#### Work to complete:
Within the listing below, locate all lines containing the word "insert". Copy each one.
[Recorded data Boundary: Start]
-- ===== src/Apply/Atomic.antt =====
-- internal/apply/apply.go: atomicWrite is all or nothing, at every moment.
use mathlib.Core.List.{append_assoc}
use warp_router.Prelude.{
  String, string_eq, Bool, true, false, Option, none, some, [], ◌∷◌, ◌++◌, ◌≡◌, ◌⊎◌, refl, sym, ap,
  ◌∙◌, inl, inr, lookup, insert, erase, lookup-insert, lookup-erase, All, All-append, All-map,
  Bool-cases, Option-cases, arith, text_iff, if◌then◌else◌, ◌==◌,
}
use warp_router.Os.{
  Files, Log, World, Machine, making, creating, syncing, closing, setting_mode, renaming, attempt,
  perform, create_temp, write_string, rename,
}
use warp_router.Os.Quiet.{
  IsApart, IsTemp, IsTemp-temp_path, Same, Quiet, Quiet-logged, perform-files, write_string-found,
  Quiet-trans, perform-Quiet, remove-Quiet, write_string-Quiet, create_temp-Quiet,
}
use warp_router.Apply.{
  WriteError, creating_directory, creating_temp, writing_temp, syncing_temp, closing_temp,
  chmod_temp, renaming_temp, give_up, fill_temp, atomic_write,
}

module _ (os : Machine) (path content : String) where
  -- The path has the content, and all other files but temporary ones are as before.
  abbrev pub Written : Files → Files → Type 0
  Written old new =
      (k : String)
      → IsApart os k
      → lookup k new ≡ (if path == k then some content else lookup k old)

  abbrev pub Settled : Files → World × Option WriteError → Type 0
  Settled old (w', none) = Written old w'.files
  Settled old (w', some error) = Same os old w'.files

  -- From a world to a result: at every moment the files are the old ones or have the new content, at
  -- the end they have it after a success, and are the old ones after an error.
  pub record Atomic (w : World) (x : World × Option WriteError) : Type 0 where
    pub added : Log
    pub grown : x.0.log ≡ added ++ w.log
    pub events : All (λ e. Same os w.files e.files ⊎ Written w.files e.files) added
    pub final : Settled w.files x

  Atomic-Quiet : (w v : World) (error : WriteError) → Quiet os w v → Atomic w (v, some error)
  Atomic-Quiet w v error q = record {
    added = q.added;
    grown = q.grown;
    events =
        All-map (λ e. Same os w.files e.files)
          (λ e. Same os w.files e.files ⊎ Written w.files e.files) (λ e s. inl s) q.added q.events;
    final = q.final;
  }

  Written-after : (u v fs : Files) → Same os u v → Written v fs → Written u fs
  Written-after u v fs s h k a = ground (arith, s k a, h k a)

  Settled-after :
      (u v : Files) (x : World × Option WriteError) → Same os u v → Settled v x → Settled u x
  Settled-after u v (x, none) s h = Written-after u v x.files s h
  Settled-after u v (x, some error) s h = λ k a. h k a ∙ s k a

  Atomic-after :
      (u v : World) (x : World × Option WriteError) → Quiet os u v → Atomic v x → Atomic u x
  Atomic-after u v x q r = record {
    added = r.added ++ q.added;
    grown = r.grown ∙ ap (λ l. r.added ++ l) q.grown ∙ sym (append_assoc r.added q.added u.log);
    events =
        All-append (λ e. Same os u.files e.files ⊎ Written u.files e.files) r.added q.added
          (All-map (λ e. Same os v.files e.files ⊎ Written v.files e.files)
            (λ e. Same os u.files e.files ⊎ Written u.files e.files)
            (λ e h. elim h [
              | inl s ↦ inl (λ k a. s k a ∙ q.final k a)
              | inr n ↦ inr (Written-after u.files v.files e.files q.final n)
            ])
            r.added r.events)
          (All-map (λ e. Same os u.files e.files)
            (λ e. Same os u.files e.files ⊎ Written u.files e.files) (λ e s. inl s) q.added
            q.events);
    final = Settled-after u.files v.files x q.final r.final;
  }

  give_up-Quiet :
      (close_it : Bool) (t : String) (error : WriteError) (w : World)
      → IsTemp os t
      → Quiet os w (give_up os close_it t error w).0
  unfolding give_up
  give_up-Quiet true t error w h =
      let w1 = (perform os (closing t) w).0 in
      Quiet-trans os w w1 _ (perform-Quiet os (closing t) w) (remove-Quiet os t w1 h)
  give_up-Quiet false t error w h = remove-Quiet os t w h

  give_up-Atomic :
      (close_it : Bool) (t : String) (error : WriteError) (w : World)
      → IsTemp os t
      → Atomic w (give_up os close_it t error w)
  unfolding give_up
  give_up-Atomic close_it t error w h = Atomic-Quiet w _ error (give_up-Quiet close_it t error w h)

  rename-Atomic :
      (t : String) (w : World)
      → IsTemp os t
      → lookup t w.files ≡ some content
      → (rename os t path w).1 ≡ true
      → Atomic w ((rename os t path w).0, none)
  unfolding rename attempt
  rename-Atomic t w h found e =
      let fs = insert path content (erase t w.files) in
      let written : Written w.files fs = λ k a. ground (
        arith,
        h k a,
        lookup-insert path k content (erase t w.files),
        lookup-erase t k w.files,
        text_iff t k,
      ) in
      elim (Bool-cases (os.succeeds w.log (renaming t path))) [
        | inl worked ↦
            rw (found, rename, worked)
              (record {
                added = record { call = renaming t path; success = true; files = fs } ∷ [];
                grown = refl;
                events = (inr written, tt);
                final = written;
              })
        | inr failed ↦
            let contra : (rename os t path w).1 ≡ false = rw (found, rename, failed) refl in cc
      ]

  rename-Quiet :
      (t : String) (w : World) → (rename os t path w).1 ≡ false → Quiet os w (rename os t path w).0
  unfolding rename attempt
  rename-Quiet t w e =
      let same : Same os w.files w.files = λ k a. refl in
      elim (Option-cases (lookup t w.files)) [
        | inl absent ↦ rw (absent, rename) (Quiet-logged os (renaming t path) false w.files w same)
        | inr (text, found) ↦ elim (Bool-cases (os.succeeds w.log (renaming t path))) [
          | inl worked ↦
              let contra : (rename os t path w).1 ≡ true = rw (found, rename, worked) refl in cc
          | inr failed ↦
              rw (found, rename, failed) (Quiet-logged os (renaming t path) false w.files w same)
        ]
      ]

  fill_temp-Atomic :
      (t : String) (w : World) → IsTemp os t → Atomic w (fill_temp os t path content w)
  unfolding fill_temp
  fill_temp-Atomic t w h =
      let x1 = write_string os t content w in
      let q1 = write_string-Quiet os t content w h in
      let x2 = perform os (syncing t) x1.0 in
      let q2 = Quiet-trans os w x1.0 x2.0 q1 (perform-Quiet os (syncing t) x1.0) in
      let x3 = perform os (closing t) x2.0 in
      let q3 = Quiet-trans os w x2.0 x3.0 q2 (perform-Quiet os (closing t) x2.0) in
      let x4 = perform os (setting_mode t) x3.0 in
      let q4 = Quiet-trans os w x3.0 x4.0 q3 (perform-Quiet os (setting_mode t) x3.0) in
      let x5 = rename os t path x4.0 in
      let kept : x1.1 ≡ true → lookup t x4.0.files ≡ some content = λ done.
        rw
          (
            perform-files os (setting_mode t) x3.0,
            perform-files os (closing t) x2.0,
            perform-files os (syncing t) x1.0,
          )
          (write_string-found os t content w done) in
      elim (Bool-cases x1.1) [
        | inr failed ↦
            rw failed (Atomic-after w x1.0 _ q1 (give_up-Atomic true t writing_temp x1.0 h))
        | inl done1 ↦ elim (Bool-cases x2.1) [
          | inr failed ↦
              rw (done1, failed)
                (Atomic-after w x2.0 _ q2 (give_up-Atomic true t syncing_temp x2.0 h))
          | inl done2 ↦ elim (Bool-cases x3.1) [
            | inr failed ↦
                rw (done1, done2, failed)
                  (Atomic-after w x3.0 _ q3 (give_up-Atomic false t closing_temp x3.0 h))
            | inl done3 ↦ elim (Bool-cases x4.1) [
              | inr failed ↦
                  rw (done1, done2, done3, failed)
                    (Atomic-after w x4.0 _ q4 (give_up-Atomic false t chmod_temp x4.0 h))
              | inl done4 ↦ elim (Bool-cases x5.1) [
                | inr failed ↦
                    rw (done1, done2, done3, done4, failed)
                      (Atomic-after w x5.0 _
                        (Quiet-trans os w x4.0 x5.0 q4 (rename-Quiet t x4.0 failed))
                        (give_up-Atomic false t renaming_temp x5.0 h))
                | inl done5 ↦
                    rw (done1, done2, done3, done4, done5)
                      (Atomic-after w x4.0 _ q4 (rename-Atomic t x4.0 h (kept done1) done5))
              ]
            ]
          ]
        ]
      ]

  create_temp-some :
      (dir : String) (w : World)
      → ((create_temp os dir w).1 ≡ none)
        ⊎ ((create_temp os dir w).1 ≡ some (os.temp_path w.log dir))
  unfolding create_temp
  create_temp-some dir w =
      elim (Bool-cases (os.succeeds w.log (creating (os.temp_path w.log dir)))) [
        | inl worked ↦ inr (rw worked refl)
        | inr failed ↦ inl (rw failed refl)
      ]

  -- atomicWrite changes no file but the one at its path and temporary ones. At every moment, also if
  -- the machine stops, that one is as before or has the whole new content; it has it after a
  -- success, and is as before after any error.
  pub atomic_write-Atomic : (w : World) → Atomic w (atomic_write os path content w)
  unfolding atomic_write
  atomic_write-Atomic w =
      let dir = os.dir_of path in
      let x1 = perform os (making dir) w in
      let q1 = perform-Quiet os (making dir) w in
      let x2 = create_temp os dir x1.0 in
      let q2 = Quiet-trans os w x1.0 x2.0 q1 (create_temp-Quiet os dir x1.0) in
      elim (Bool-cases x1.1) [
        | inr failed ↦ rw failed (Atomic-Quiet w x1.0 creating_directory q1)
        | inl made ↦ elim (create_temp-some dir x1.0) [
          | inl failed ↦ rw (made, failed) (Atomic-Quiet w x2.0 creating_temp q2)
          | inr picked ↦
              let t = os.temp_path x1.0.log dir in
              rw (made, picked)
                (Atomic-after w x2.0 (fill_temp os t path content x2.0) q2
                  (fill_temp-Atomic t x2.0 (IsTemp-temp_path os x1.0.log dir)))
        ]
      ]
[Recorded data Boundary: End]
#### Solution below:
  ◌∙◌, inl, inr, lookup, insert, erase, lookup-insert, lookup-erase, All, All-append, All-map,
      let fs = insert path content (erase t w.files) in
        lookup-insert path k content (erase t w.files),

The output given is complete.